[Stored records]
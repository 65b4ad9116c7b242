-- ===== src/Sshbuf/MaxSize.antt =====
-- `sshbuf_set_max_size`: a new limit, packing and trimming the block where that is needed.
use libopenssh.Base.{
  ℕ, ◌-◌, ◌≤◌, ◌<◌, ◌≡◌, ◌⊎◌, inl, inr, refl, ◌∙◌, Bool, true, false, arith, length, take, drop,
  ltb, ◌==◌, Bytes, Bool-cases, Option-cases, replicate, length-replicate, length-take, length-drop,
  length-append, take-take, take-append_le, take-drop-agree, ◌++◌, some, none, min, ◌&&◌,
}
use libopenssh.Err.{Error, Result, ok, err, fault, no_buffer_space, alloc_fail, buffer_read_only}
use libopenssh.Libc.{Allocator, Pointer}
use libopenssh.Sshbuf.{
  Sshbuf, size_max, maybe_pack, locked, tail_zeroed, trim, set_limit, set_max_size, and_then,
}
use libopenssh.Sshbuf.Sanity.{WellFormed, insane-IsSane}
use libopenssh.Sshbuf.Content.{content}
use libopenssh.Sshbuf.Keeps.{Keeps, Keeps-self, Keeps-trans, maybe_pack-Keeps}

module _ (b : Sshbuf) (w : WellFormed b) where
  length-tail_zeroed : length (tail_zeroed b) ≡ b.alloc
  length-tail_zeroed =
      let gap = replicate {A = ℕ} (b.alloc - b.size) 0 in
      omega (
        arith,
        length-append (take b.size b.mem) (gap ++ drop b.alloc b.mem),
        length-append gap (drop b.alloc b.mem),
        length-take b.size b.mem,
        length-replicate {A = ℕ} (b.alloc - b.size) 0,
        length-drop b.alloc b.mem,
      )

  take-tail_zeroed : take b.size (tail_zeroed b) ≡ take b.size b.mem
  take-tail_zeroed =
      let rest = replicate {A = ℕ} (b.alloc - b.size) 0 ++ drop b.alloc b.mem in
      take-append_le b.size (take b.size b.mem) rest (omega (arith, length-take b.size b.mem))
      ∙ take-take b.size b.size b.mem (omega arith)

  tail_zeroed-Keeps : Keeps b (record b { mem = tail_zeroed b })
  unfolding content
  tail_zeroed-Keeps = record {
    well_formed = ground (arith, length-tail_zeroed);
    content_kept =
        take-drop-agree b.size b.off (b.size - b.off) (tail_zeroed b) b.mem take-tail_zeroed
          (omega arith);
    max_size_kept = refl;
    readonly_kept = refl;
    refcount_kept = refl;
    parent_kept = refl;
  }

trimmed-Keeps :
    (m : Allocator) (b : Sshbuf) (q : Pointer × Bytes)
    → WellFormed b
    → m.realloc b.d (tail_zeroed b) b.size ≡ some q
    → Keeps b (record b { d = q.0; cd = q.0; mem = q.1; alloc = b.size })
unfolding content
trimmed-Keeps m b q w e =
    let (there, long, same) = m.realloc_keeps b.d (tail_zeroed b) b.size e in
    let l = length-tail_zeroed b w in
    let n : min b.size (length (tail_zeroed b)) ≡ b.size = omega arith in
    let front = (rw n at same) ∙ take-tail_zeroed b w in
    record {
      well_formed = ground arith;
      content_kept = take-drop-agree b.size b.off (b.size - b.off) q.1 b.mem front (omega arith);
      max_size_kept = refl;
      readonly_kept = refl;
      refcount_kept = refl;
      parent_kept = refl;
    }

-- A trim is not needed, is made, or is denied by the allocator.
data Trimmed (m : Allocator) (n : ℕ) (b : Sshbuf) : Sshbuf × Result (Unit {0}) → Type 0 where
  unneeded : (n < b.alloc → n ≤ b.size) → Trimmed m n b (b, ok tt)
  made : (c : Sshbuf) → b.size < n → c.alloc ≡ b.size → Keeps b c → Trimmed m n b (c, ok tt)
  denied :
      (c : Sshbuf)
      → Keeps b c
      → m.realloc b.d (tail_zeroed b) b.size ≡ none
      → Trimmed m n b (c, err alloc_fail)

trim-Trimmed : (m : Allocator) (n : ℕ) (b : Sshbuf) → WellFormed b → Trimmed m n b (trim m n b)
unfolding trim
trim-Trimmed m n b w = elim (Bool-cases (ltb n b.alloc && ltb b.size n)) [
  | inr no_need ↦ rw no_need (unneeded (λ h. ground arith))
  | inl needed ↦ rw needed (elim (Option-cases (m.realloc b.d (tail_zeroed b) b.size)) [
    | inl e ↦ rw (e, trim) (denied _ (tail_zeroed-Keeps b w) e)
    | inr (q, e) ↦ rw (e, trim) (made _ (ground arith) refl (trimmed-Keeps m b q w e))
  ])
]

-- Why a new limit is declined.
abbrev pub Declined : Allocator → ℕ → Sshbuf → Error → Type 0
Declined m n b buffer_read_only = locked b ≡ true
Declined m n b no_buffer_space =
    (locked b ≡ false)
    × ((size_max < n) ⊎ ((n < b.alloc) × (n ≤ (maybe_pack b (ltb n b.size)).size)))
Declined m n b alloc_fail =
    (locked b ≡ false) × ((p : Pointer) × (mem : Bytes) × (k : ℕ) × (m.realloc p mem k ≡ none))
Declined m n b _ = ⊥

-- What `sshbuf_set_max_size` leaves.
abbrev pub Limited : Allocator → ℕ → Sshbuf → Sshbuf × Result (Unit {0}) → Type 0
Limited m n b (c, ok _) =
    WellFormed c
    × (content c ≡ content b)
    × (c.max_size ≡ n)
    × (c.readonly ≡ b.readonly)
    × (c.refcount ≡ b.refcount)
Limited m n b (c, err e) = Keeps b c × Declined m n b e
Limited m n b (c, fault) = ⊥

maybe_pack_alloc : (b : Sshbuf) (force : Bool) → (maybe_pack b force).alloc ≡ b.alloc
unfolding maybe_pack
maybe_pack_alloc b force = ground arith

raised-Limited :
    (m : Allocator) (n : ℕ) (b c : Sshbuf)
    → n ≤ size_max
    → Keeps b c
    → c.alloc ≤ n
    → Limited m n b (record c { max_size = n }, ok tt)
unfolding content
raised-Limited m n b c top k h =
    (ground (arith, k.well_formed), k.content_kept, refl, k.readonly_kept, k.refcount_kept)

module _ (m : Allocator) (n : ℕ) (b c : Sshbuf) (u : locked b ≡ false) (top : n ≤ size_max)
    (k : Keeps b c) where
  limit_after :
      (n < b.alloc → n ≤ (maybe_pack b (ltb n b.size)).size)
      → c.alloc ≡ b.alloc
      → Limited m n b (set_limit n c)
  unfolding set_limit
  limit_after short same = elim (Bool-cases (ltb n c.alloc)) [
    | inl low ↦ let l : n < b.alloc = ground arith in rw low (k, (u, inr (l, short l)))
    | inr high ↦ rw high (raised-Limited m n b c top k (ground arith))
  ]

  limit_trimmed : c.alloc ≤ n → Limited m n b (set_limit n c)
  unfolding set_limit
  limit_trimmed h =
      let high : ltb n c.alloc ≡ false = ground arith in rw high (raised-Limited m n b c top k h)

Trimmed-Limited :
    (m : Allocator) (n : ℕ) (b : Sshbuf) {out : Sshbuf × Result (Unit {0})}
    → locked b ≡ false
    → n ≤ size_max
    → Keeps b (maybe_pack b (ltb n b.size))
    → Trimmed m n (maybe_pack b (ltb n b.size)) out
    → Limited m n b (and_then out (λ _. set_limit n))
Trimmed-Limited m n b u top k (unneeded h) =
    limit_after m n b _ u top k (rw maybe_pack_alloc at h) (maybe_pack_alloc b _)
Trimmed-Limited m n b u top k (made c h e kept) =
    limit_trimmed m n b c u top (Keeps-trans k kept) (omega arith)
Trimmed-Limited m n b u top k (denied c kept e) = (Keeps-trans k kept, (u, (_, _, _, e)))

-- On a well-formed buffer `sshbuf_set_max_size` keeps the queue on every path. It sets the limit, or
-- declines and keeps the old one: because the buffer is read-only or shared; because the limit is
-- over the hard maximum, or below the allocation and not above what the packed block has in use; or
-- because the allocator refused.
pub set_max_size-Limited :
    (m : Allocator) (n : ℕ) (b : Sshbuf) → WellFormed b → Limited m n b (set_max_size m n b)
unfolding set_max_size
set_max_size-Limited m n b w = rw (insane-IsSane b w.sane) (elim (Bool-cases (n == b.max_size)) [
  | inl same ↦ rw same (w, refl, ground arith, refl, refl)
  | inr other ↦ rw other (elim (Bool-cases (locked b)) [
    | inl u ↦ rw u (Keeps-self b w, u)
    | inr u ↦ rw u (elim (Bool-cases (ltb size_max n)) [
      | inl over ↦ rw over (Keeps-self b w, (u, inl (ground arith)))
      | inr under ↦
          let k = maybe_pack-Keeps b w (ltb n b.size) in
          rw under (Trimmed-Limited m n b u (ground arith) k (trim-Trimmed m n _ k.well_formed))
    ])
  ])
])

How to complete this task: Out of the data above, set down the lines from the one with "n b.size)) out" to the one with "unfolding set_max_size", both included, exactly as written and with no additions.

Final answer:
    → Trimmed m n (maybe_pack b (ltb n b.size)) out
    → Limited m n b (and_then out (λ _. set_limit n))
Trimmed-Limited m n b u top k (unneeded h) =
    limit_after m n b _ u top k (rw maybe_pack_alloc at h) (maybe_pack_alloc b _)
Trimmed-Limited m n b u top k (made c h e kept) =
    limit_trimmed m n b c u top (Keeps-trans k kept) (omega arith)
Trimmed-Limited m n b u top k (denied c kept e) = (Keeps-trans k kept, (u, (_, _, _, e)))

-- On a well-formed buffer `sshbuf_set_max_size` keeps the queue on every path. It sets the limit, or
-- declines and keeps the old one: because the buffer is read-only or shared; because the limit is
-- over the hard maximum, or below the allocation and not above what the packed block has in use; or
-- because the allocator refused.
pub set_max_size-Limited :
    (m : Allocator) (n : ℕ) (b : Sshbuf) → WellFormed b → Limited m n b (set_max_size m n b)
unfolding set_max_size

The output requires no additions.